◆ TASK TO COMPLETE
Search the entries for the word "outside" and copy each line that has it.

==== THE INPUT ====

-- ===== src/Task/Child.antt =====
-- Which process the parent of src/task.c takes for its child.
use mathlib.Core.Path.{subst}
use myclib.Prelude.{
  Option-cases, ℕ, zero, suc, ◌≡◌, ◌≢◌, refl, ap, ◌∙◌, sym, inl, inr, Bool, true, false, Option,
  none, some, List, [], ◌∷◌,
}
use myclib.Task.{
  Place, forking, forked, waiting, reaped, sleeping, leaving, left, ended, Task, start, kill_child,
  do_exit, quit, exited, signaled, reap, Step, fork_fails, fork, record_pid, wait_fails, wait,
  go_on, wake, clean_up, finish, do_signal, Reachable, begin, next,
}

-- What is known at a place: the child that runs, the recorded pid and the child that ended last.
abbrev pub Known : Place → (child pid last : Option ℕ) → Type 0
Known forking child pid last = (child ≡ none) × (pid ≡ last)
Known (forked p) child pid last = (child ≡ some p) × (pid ≡ last)
Known waiting child pid last = (child ≡ pid) × (pid ≢ none)
Known (reaped status) child pid last = (child ≡ none) × (pid ≡ last) × (pid ≢ none)
Known sleeping child pid last = (child ≡ none) × (pid ≡ last) × (pid ≢ none)
Known (leaving status) child pid last = child ≡ pid
Known (left status) child pid last = Unit
Known (ended e) child pid last = Unit

-- behind `do_exit`
abbrev pub is_over : Place → Bool
is_over (left status) = true
is_over (ended e) = true
is_over _ = false

pub record Accounts (saved : Bool) (t : Task) : Type 0 where
  pub known : Known t.place t.child t.child_pid t.last_child
  pub running : is_over t.place ≡ false → (t.killed ≡ []) × (t.pid_file ≡ saved)

module _ (saved : Bool) where
  start-Accounts : Accounts saved (start saved)
  start-Accounts = record { known = (refl, refl); running = λ h. (refl, refl) }

  -- what is known of a state at a given place
  Accounts-Known :
      {t : Task} {p : Place}
      → Accounts saved t
      → t.place ≡ p
      → Known p t.child t.child_pid t.last_child
  Accounts-Known {t} a at = subst (λ q. Known q t.child t.child_pid t.last_child) at a.known

  Step-Accounts : {t t' : Task} → Step t t' → Accounts saved t → Accounts saved t'
  unfolding reap do_exit
  Step-Accounts (fork_fails t at) a = record { known = tt; running = λ h. cc }
  Step-Accounts (fork t pid at pos) a = record {
    known = (refl, (Accounts-Known a at).1);
    running = λ h. a.running (ap is_over at);
  }
  Step-Accounts (record_pid t pid at) a = record {
    known = ((Accounts-Known a at).0, λ e. cc);
    running = λ h. a.running (ap is_over at);
  }
  Step-Accounts (wait_fails t at) a = record {
    known = (Accounts-Known a at).0;
    running = λ h. a.running (ap is_over at);
  }
  Step-Accounts (wait t status at) a =
      let k = Accounts-Known a at in
      record { known = (refl, sym k.0, k.1); running = λ h. a.running (ap is_over at) }
  Step-Accounts (go_on t (exited zero) at) a = record {
    known = (Accounts-Known a at).0;
    running = λ h. a.running (ap is_over at);
  }
  Step-Accounts (go_on t (exited (suc n)) at) a = record {
    known = Accounts-Known a at;
    running = λ h. a.running (ap is_over at);
  }
  Step-Accounts (go_on t (signaled n) at) a = record {
    known = Accounts-Known a at;
    running = λ h. a.running (ap is_over at);
  }
  Step-Accounts (wake t at) a =
      let k = Accounts-Known a at in
      record { known = (k.0, k.1); running = λ h. a.running (ap is_over at) }
  Step-Accounts (clean_up t status at) a = record { known = tt; running = λ h. cc }
  Step-Accounts (finish t status at) a = record { known = tt; running = λ h. cc }
  Step-Accounts (do_signal t alive) a = record { known = tt; running = λ h. cc }

  pub Reachable-Accounts : {t : Task} → Reachable saved t → Accounts saved t
  Reachable-Accounts begin = start-Accounts
  Reachable-Accounts (next before step) = Step-Accounts step (Reachable-Accounts before)

  -- what a signal kills, with a recorded pid
  quit-killed :
      (t : Task) (pid : ℕ) → t.child_pid ≡ some pid → t.killed ≡ [] → (quit 0 t).killed ≡ pid ∷ []
  unfolding do_exit
  quit-killed t pid e none_yet =
      ap (λ (c : Option ℕ). kill_child c t.killed) e ∙ ap (λ (k : List ℕ). pid ∷ k) none_yet

  -- Where a signal arrives in `waitpid`, exactly the child that runs is killed.
  pub signal_waiting :
      (t : Task)
      → Reachable saved t
      → t.place ≡ waiting
      → (pid : ℕ) × (t.child ≡ some pid) × ((quit 0 t).killed ≡ pid ∷ [])
  signal_waiting t reachable at =
      let a = Reachable-Accounts reachable in
      let known = Accounts-Known a at in
      elim (Option-cases t.child_pid) [
        | inl e ↦ absurd (known.1 e)
        | inr (pid, e) ↦ (pid, known.0 ∙ e, quit-killed t pid e (a.running (ap is_over at)).0)
      ]

  -- Where a signal arrives in `sleep`, no child runs, and SIGTERM is sent to exactly one pid: that of the
  -- child whose end `waitpid` has reported last.
  pub signal_sleeping :
      (t : Task)
      → Reachable saved t
      → t.place ≡ sleeping
      → (t.child ≡ none) × ((pid : ℕ) × (t.last_child ≡ some pid) × ((quit 0 t).killed ≡ pid ∷ []))
  signal_sleeping t reachable at =
      let a = Reachable-Accounts reachable in
      let (no_child, last, recorded) = Accounts-Known a at in
      elim (Option-cases t.child_pid) [
        | inl e ↦ absurd (recorded e)
        | inr (pid, e) ↦
            (no_child, (pid, sym last ∙ e, quit-killed t pid e (a.running (ap is_over at)).0))
      ]
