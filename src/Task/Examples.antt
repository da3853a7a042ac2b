-- ===== src/Task/Examples.antt =====
-- A daemon of src/task.c whose child 7 has failed.
use myclib.Prelude.{ℕ, ◌≡◌, refl, true, none, some, [], ◌∷◌, arith}
use myclib.Task.{
  Task, sleeping, start, quit, exited, reap, fork, record_pid, wait, go_on, Reachable, begin, next,
}
use myclib.Task.Child.{Accounts, Reachable-Accounts, signal_sleeping}

abbrev failed : Task
failed = record {
  place = sleeping;
  child_pid = some 7;
  pid_file = true;
  child = none;
  killed = [];
  last_child = some 7;
}

failed-Reachable : Reachable true failed
unfolding reap
failed-Reachable =
    next
      (next (next (next begin (fork (start true) 7 refl (omega arith))) (record_pid _ 7 refl))
        (wait _ (exited 1) refl))
      (go_on _ (exited 1) refl)

Reachable-Accounts_example : Accounts true failed
Reachable-Accounts_example = Reachable-Accounts true failed-Reachable

signal_sleeping_example :
    (failed.child ≡ none)
    × ((pid : ℕ) × (failed.last_child ≡ some pid) × ((quit 0 failed).killed ≡ pid ∷ []))
signal_sleeping_example = signal_sleeping true failed failed-Reachable refl
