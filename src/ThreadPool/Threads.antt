-- ===== src/ThreadPool/Threads.antt =====
-- Threads numbered from 0: one changes its place, and weights of places summed over all.
use myclib.Prelude.{
  ℕ, zero, suc, ◌+◌, ◌≤◌, ◌<◌, ◌≡◌, refl, ◌==◌, if◌then◌else◌, arith, Bool-cases, inl, inr,
}

abbrev pub update {ℓ} : {A : Type ℓ} → (ℕ → A) → ℕ → A → ℕ → A
update f i a j = if j == i then a else f j

-- the sum of `w` over the places of the threads below `n`
abbrev pub weigh {ℓ} : {A : Type ℓ} → (A → ℕ) → ℕ → (ℕ → A) → ℕ
weigh w zero f = 0
weigh w (suc n) f = w (f n) + weigh w n f

module _ {ℓ} {A : Type ℓ} (w : A → ℕ) where
  weigh-update_above :
      (n : ℕ) (f : ℕ → A) (i : ℕ) (a : A) → n ≤ i → weigh w n (update f i a) ≡ weigh w n f
  weigh-update_above zero f i a h = refl
  weigh-update_above (suc n) f i a h = ground (arith, weigh-update_above n f i a)

  pub weigh-update :
      (n : ℕ) (f : ℕ → A) (i : ℕ) (a : A)
      → i < n
      → weigh w n (update f i a) + w (f i) ≡ weigh w n f + w a
  weigh-update zero f i a h = absurd (omega arith)
  weigh-update (suc n) f i a h = elim (Bool-cases (n == i)) [
    | inl e ↦ ground (arith, weigh-update_above n f i a)
    | inr e ↦ ground (arith, weigh-update n f i a)
  ]

  pub le-weigh : (n : ℕ) (f : ℕ → A) (i : ℕ) → i < n → w (f i) ≤ weigh w n f
  le-weigh zero f i h = absurd (omega arith)
  le-weigh (suc n) f i h = elim (Bool-cases (n == i)) [
    | inl e ↦ ground arith
    | inr e ↦ ground (arith, le-weigh n f i)
  ]

  pub weigh-le :
      (v : A → ℕ) → ((a : A) → w a ≤ v a) → (n : ℕ) (f : ℕ → A) → weigh w n f ≤ weigh v n f
  weigh-le v h zero f = omega arith
  weigh-le v h (suc n) f = omega (arith, h (f n), weigh-le v h n f)

  pub weigh_nothing : (n : ℕ) (f : ℕ → A) → ((i : ℕ) → w (f i) ≡ 0) → weigh w n f ≡ 0
  weigh_nothing zero f h = refl
  weigh_nothing (suc n) f h = omega (arith, h n, weigh_nothing n f h)

  pub weigh_all : (n : ℕ) (f : ℕ → A) → ((a : A) → w a ≤ 1) → weigh w n f ≤ n
  weigh_all zero f h = omega arith
  weigh_all (suc n) f h = omega (arith, h (f n), weigh_all n f h)
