-- ===== src/ThreadPool.antt =====
-- src/thread_pool.c: worker threads that take requests from a queue under a spinlock, with a semaphore
-- that counts the requests.
-- The threads run interleaved, one access of shared memory to a step. The first `workers` threads run
-- `threadpool_worker`, the others call `threadpool_append` and `threadpool_delete`. A request is a
-- number; `init_worker` is left out, allocations and `pthread_create` succeed. What POSIX promises of a
-- spinlock and a semaphore is in the steps: the lock is taken only while it is free, and `sem_wait`
-- returns 0 only by taking one off a value that is not 0, or fails with `EINTR`. Memory that was freed is
-- not accessed in a step: a state whose pool is freed has no next one.
pub mod Threads
pub mod Invariant
pub mod Safety
mod Examples
use myclib.Prelude.{
  ℕ, zero, suc, ◌+◌, ◌-◌, ◌<◌, ◌≤◌, ◌≡◌, Bool, true, false, List, [], ◌∷◌, ◌++◌, ltb, if◌then◌else◌,
}
use myclib.ThreadPool.Threads.{update}

-- `struct threadpool_s`. `accepted` and `taken` record what was put into the list of requests and what
-- was taken out of it, for the theorems.
pub record Pool : Type 0 where
  pub requests : List ℕ
  pub requests_sem : ℕ
  pub locked : Bool
  pub stop : Bool
  pub freed : Bool
  pub accepted : List ℕ
  pub taken : List ℕ

-- Where a thread stands, with the request that it has in hand.
pub data Place : Type 0 where
  -- in `threadpool_worker`
  ready : Place  -- head of the loop
  waiting : Place  -- in `sem_wait`
  woken : Place  -- before the lock
  looking : Place  -- with the lock, before the test of the list
  failed : Place  -- in `assert(0)`
  holding : (work : ℕ) → Place  -- with the lock, after the list was changed
  processing : (work : ℕ) → Place
  ended : Place
  -- in `threadpool_append`
  outside : Place  -- in neither function
  calling : (work : ℕ) → Place  -- before the lock
  testing : (work : ℕ) → Place  -- with the lock, before `sem_getvalue`
  refused : Place  -- with the lock, about to return -1
  linked : Place  -- with the lock, before `sem_post`
  posted : Place  -- with the lock, about to return 0

-- One step of one thread.
pub data Move (max_requests : ℕ) (tp : Pool) : Place → Pool → Place → Type 0 where
  go_on : tp.stop ≡ false → Move max_requests tp ready tp waiting
  finish : tp.stop ≡ true → Move max_requests tp ready tp ended
  interrupted : Move max_requests tp waiting tp ready
  sem_wait :
      0 < tp.requests_sem
      → Move max_requests tp waiting (record tp { requests_sem = tp.requests_sem - 1 }) woken
  worker_lock : tp.locked ≡ false → Move max_requests tp woken (record tp { locked = true }) looking
  list_empty : tp.requests ≡ [] → Move max_requests tp looking tp failed
  take :
      {work : ℕ} {rest : List ℕ}
      → tp.requests ≡ work ∷ rest
      → Move max_requests tp looking
          (record tp { requests = rest; taken = tp.taken ++ work ∷ [] })
          (holding work)
  worker_unlock :
      {work : ℕ}
      → Move max_requests tp (holding work) (record tp { locked = false }) (processing work)
  process : {work : ℕ} → Move max_requests tp (processing work) tp ready
  call : {work : ℕ} → Move max_requests tp outside tp (calling work)
  caller_lock :
      {work : ℕ}
      → tp.locked ≡ false
      → Move max_requests tp (calling work) (record tp { locked = true }) (testing work)
  full :
      {work : ℕ} → max_requests ≤ tp.requests_sem → Move max_requests tp (testing work) tp refused
  list_add_tail :
      {work : ℕ}
      → tp.requests_sem < max_requests
      → Move max_requests tp
          (testing work)
          (record tp { requests = tp.requests ++ work ∷ []; accepted = tp.accepted ++ work ∷ [] })
          linked
  sem_post : Move max_requests tp linked (record tp { requests_sem = tp.requests_sem + 1 }) posted
  unlock_posted : Move max_requests tp posted (record tp { locked = false }) outside
  unlock_refused : Move max_requests tp refused (record tp { locked = false }) outside
  threadpool_delete : Move max_requests tp outside (record tp { stop = true; freed = true }) outside

pub record System : Type 0 where
  pub pool : Pool
  pub place : ℕ → Place

-- `n` threads
pub data Step (max_requests n : ℕ) (s : System) : System → Type 0 where
  pick :
      (i : ℕ) {tp : Pool} {q : Place}
      → i < n
      → s.pool.freed ≡ false
      → Move max_requests s.pool (s.place i) tp q
      → Step max_requests n s (record { pool = tp; place = update s.place i q })

-- The pool as `threadpool_new` leaves it, with `workers` threads started, at the head of their loops.
abbrev pub threadpool_new : ℕ → System
threadpool_new workers = record {
  pool = record {
    requests = [];
    requests_sem = 0;
    locked = false;
    stop = false;
    freed = false;
    accepted = [];
    taken = [];
  };
  place = λ i. if ltb i workers then ready else outside;
}

pub data Reach (max_requests n workers : ℕ) : System → Type 0 where
  start : Reach max_requests n workers (threadpool_new workers)
  later :
      {s t : System}
      → Reach max_requests n workers s
      → Step max_requests n s t
      → Reach max_requests n workers t
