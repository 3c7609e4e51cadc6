-- ===== src/Wait/Rules.antt =====
-- `_wait_for`: what its condition and its pauses keep, it keeps; and it returns.
use nugpgpu.Prelude.{
  ℕ, zero, suc, ◌+◌, ◌%◌, ◌^◌, ◌≤◌, ◌<◌, ◌≡◌, ◌≢◌, refl, Bool, true, false, arith, Bool-cases, inl,
  inr, ◌==◌,
}
use nugpgpu.Platform.{Platform, ClockRuns}
use nugpgpu.Machine.{State, M}
use nugpgpu.Wait.{Waited, met, timed_out, unfinished, pause, poll, wait_until}

module _ {W : Type 0} ⦃p : Platform W⦄ where
  module _ (R : State W → State W → Type 0) (R-refl : (s : State W) → R s s)
      (R-trans : (s t u : State W) → R s t → R t u → R s u)
      (R-pause : (ms : ℕ) (s : State W) → R s (pause ms s).1) (cond : M W Bool)
      (R-cond : (s : State W) → R s (cond s).1) where
    poll_rel : (fuel timeout ms : ℕ) (s : State W) → R s (poll fuel cond timeout ms s).1
    unfolding poll
    poll_rel zero timeout ms s = R-refl s
    poll_rel (suc fuel) timeout ms s = elim (Bool-cases (cond s).0) [
      | inl e ↦ rw (e, poll) (R-cond s)
      | inr e ↦
          rw (e, poll)
            (elim (Bool-cases (p.time_after (p.jiffies (cond s).1.world) timeout)) [
              | inl l ↦ rw (l, poll) (R-trans s (cond s).1 _ (R-cond s) (R-cond (cond s).1))
              | inr l ↦
                  rw (l, poll)
                    (R-trans s (cond s).1 _ (R-cond s) (
                      R-trans (cond s).1 (pause ms (cond s).1).1 _ (R-pause ms (cond s).1)
                        (poll_rel fuel timeout ms (pause ms (cond s).1).1)))
            ])
    ]

    pub wait_until_rel : (ms w : ℕ) (s : State W) → R s (wait_until cond ms w s).1
    unfolding wait_until
    wait_until_rel ms w s = poll_rel _ _ w s

  -- A condition that does no more than read does not set the clock back.
  module _ (runs : ClockRuns p) (cond : M W Bool)
      (cond-le : (d : ℕ) (s : State W) → p.patience d (cond s).1.world ≤ p.patience d s.world) where
    pub pause-lt :
        (d ms : ℕ) (s : State W)
        → p.time_after (p.jiffies s.world) d ≡ false
        → p.patience d (pause ms s).1.world < p.patience d s.world
    unfolding pause
    pause-lt d ms s late = elim (Bool-cases (ms == 0)) [
      | inl e ↦ rw e (runs.cpu_relax_nearer d s.world late)
      | inr e ↦ rw e (runs.msleep_nearer d ms s.world late)
    ]

    poll-finishes :
        (fuel timeout ms : ℕ) (s : State W)
        → p.patience timeout s.world < fuel
        → (poll fuel cond timeout ms s).0 ≢ unfinished
    unfolding poll
    poll-finishes zero timeout ms s h = elim h [ ]
    poll-finishes (suc fuel) timeout ms s h = elim (Bool-cases (cond s).0) [
      | inl e ↦ rw (e, poll) (λ q. cc)
      | inr e ↦
          rw (e, poll)
            (elim (Bool-cases (p.time_after (p.jiffies (cond s).1.world) timeout)) [
              | inl l ↦
                  rw (l, poll)
                    (elim (Bool-cases (cond (cond s).1).0) [
                      | inl c ↦ rw (c, poll) (λ q. cc)
                      | inr c ↦ rw (c, poll) (λ q. cc)
                    ])
              | inr l ↦
                  rw (l, poll)
                    (poll-finishes fuel timeout ms (pause ms (cond s).1).1
                      (omega (arith, cond-le timeout s, pause-lt timeout ms (cond s).1 l)))
            ])
    ]

    pub wait_until-finishes : (ms w : ℕ) (s : State W) → (wait_until cond ms w s).0 ≢ unfinished
    unfolding wait_until
    wait_until-finishes ms w s = poll-finishes _ _ w s (omega arith)

  -- What each answer of a wait for `cond` up to `timeout` means for the state `u` it ends in: `met`
  -- ends with a try of `cond` that holds, and `timed_out` with two that do not, the first of which
  -- ended after the deadline.
  abbrev pub Answered : M W Bool → ℕ → Waited × State W → Type 0
  Answered cond timeout r = elim r.0 [
    | met ↦ (t : State W) × ((cond t).0 ≡ true) × (r.1 ≡ (cond t).1)
    | timed_out ↦
        (t : State W) × ((cond t).0 ≡ false)
        × (p.time_after (p.jiffies (cond t).1.world) timeout ≡ true)
        × ((cond (cond t).1).0 ≡ false)
        × (r.1 ≡ (cond (cond t).1).1)
    | unfinished ↦ Unit {0}
  ]

  poll-Answered :
      (cond : M W Bool) (fuel timeout ms : ℕ) (s : State W)
      → Answered cond timeout (poll fuel cond timeout ms s)
  unfolding poll
  poll-Answered cond zero timeout ms s = tt
  poll-Answered cond (suc fuel) timeout ms s = elim (Bool-cases (cond s).0) [
    | inl e ↦ rw (e, poll) (s, e, refl)
    | inr e ↦
        rw (e, poll)
          (elim (Bool-cases (p.time_after (p.jiffies (cond s).1.world) timeout)) [
            | inl l ↦
                rw (l, poll)
                  (elim (Bool-cases (cond (cond s).1).0) [
                    | inl c ↦ rw (c, poll) ((cond s).1, c, refl)
                    | inr c ↦ rw (c, poll) (s, e, l, c, refl)
                  ])
            | inr l ↦ rw (l, poll) (poll-Answered cond fuel timeout ms (pause ms (cond s).1).1)
          ])
  ]

  -- While the clock runs and the condition does not set it back, `_wait_for` ends. It answers 0
  -- only after a try of the condition that holds and that is its last act, and ETIMEDOUT only after
  -- a try that does not hold and that ends past the deadline, followed by one more that does not
  -- hold.
  pub wait_until_lem :
      (runs : ClockRuns p) (cond : M W Bool)
      → ((d : ℕ) (s : State W) → p.patience d (cond s).1.world ≤ p.patience d s.world)
      → (ms w : ℕ) (s : State W)
      → ((wait_until cond ms w s).0 ≢ unfinished)
        × Answered cond
            ((p.jiffies s.world + p.msecs_to_jiffies ms + 1) % 2 ^ 64)
            (wait_until cond ms w s)
  unfolding wait_until
  wait_until_lem runs cond keeps ms w s =
      (wait_until-finishes runs cond keeps ms w s, poll-Answered cond _ _ w s)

====

◆ WRITTEN ANSWER
  outside : Place  -- in neither function
  call : {work : ℕ} → Move max_requests tp outside tp (calling work)
  unlock_posted : Move max_requests tp posted (record tp { locked = false }) outside
  unlock_refused : Move max_requests tp refused (record tp { locked = false }) outside
  threadpool_delete : Move max_requests tp outside (record tp { stop = true; freed = true }) outside
  place = λ i. if ltb i workers then ready else outside;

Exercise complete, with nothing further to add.